◆ Problem to solve ◆
Each record must be printed again exactly as given.

════════════════

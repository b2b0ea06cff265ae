-- ===== src/ConfGen/Gates.antt =====
-- otel_conf_gen.go: assembleAdditionalArgs. The panic of a failed type assertion is `none`.
pub mod Panics
use telemetry_controller.Prelude.{
  String, Bool, true, false, ◌&&◌, ◌||◌, Option, none, some, List, [], ◌∷◌, nat_eq, ◌==◌,
  if◌then◌else◌, contains_text,
}
use telemetry_controller.Processors.{Processor, settings, transform}
use telemetry_controller.ConfGen.{OtelColConfigInput, Processors, generate_processors}

-- What one processor says: the assertion fails on what is no transform processor.
flattens : Processor → Option Bool
flattens (settings v) = none
flattens (transform t) = some t.flatten_data

-- An answer of true ends the loop, and a failed assertion panics.
flatten_or : Option Bool → Option Bool → Option Bool
flatten_or none rest = none
flatten_or (some true) rest = some true
flatten_or (some false) rest = rest

-- The constraint of the feature gate, a loop over the processors in the order of the range.
is_flatten_enabled : Processors → Option Bool
is_flatten_enabled [] = some false
is_flatten_enabled ((name, p) ∷ rest) =
    let later = is_flatten_enabled rest in
    if contains_text name "transform" then flatten_or (flattens p) later else later

args_of : Option Bool → Option (List (String × String))
args_of none = none
args_of (some true) = some (("feature-gates", "transform.flatten.logs") ∷ [])
args_of (some false) = some []

unfoldable pub assemble_additional_args : Processors → Option (List (String × String))
unfolding args_of is_flatten_enabled flatten_or flattens contains_text
assemble_additional_args processors = args_of (is_flatten_enabled processors)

════════════════

◆ Solved exercise ◆
repository b2b0ea06cff265ae
-- ===== src/ConfGen/Gates.antt =====
-- otel_conf_gen.go: assembleAdditionalArgs. The panic of a failed type assertion is `none`.
pub mod Panics
use telemetry_controller.Prelude.{
  String, Bool, true, false, ◌&&◌, ◌||◌, Option, none, some, List, [], ◌∷◌, nat_eq, ◌==◌,
  if◌then◌else◌, contains_text,
}
use telemetry_controller.Processors.{Processor, settings, transform}
use telemetry_controller.ConfGen.{OtelColConfigInput, Processors, generate_processors}

-- What one processor says: the assertion fails on what is no transform processor.
flattens : Processor → Option Bool
flattens (settings v) = none
flattens (transform t) = some t.flatten_data

-- An answer of true ends the loop, and a failed assertion panics.
flatten_or : Option Bool → Option Bool → Option Bool
flatten_or none rest = none
flatten_or (some true) rest = some true
flatten_or (some false) rest = rest

-- The constraint of the feature gate, a loop over the processors in the order of the range.
is_flatten_enabled : Processors → Option Bool
is_flatten_enabled [] = some false
is_flatten_enabled ((name, p) ∷ rest) =
    let later = is_flatten_enabled rest in
    if contains_text name "transform" then flatten_or (flattens p) later else later

args_of : Option Bool → Option (List (String × String))
args_of none = none
args_of (some true) = some (("feature-gates", "transform.flatten.logs") ∷ [])
args_of (some false) = some []

unfoldable pub assemble_additional_args : Processors → Option (List (String × String))
unfolding args_of is_flatten_enabled flatten_or flattens contains_text
assemble_additional_args processors = args_of (is_flatten_enabled processors)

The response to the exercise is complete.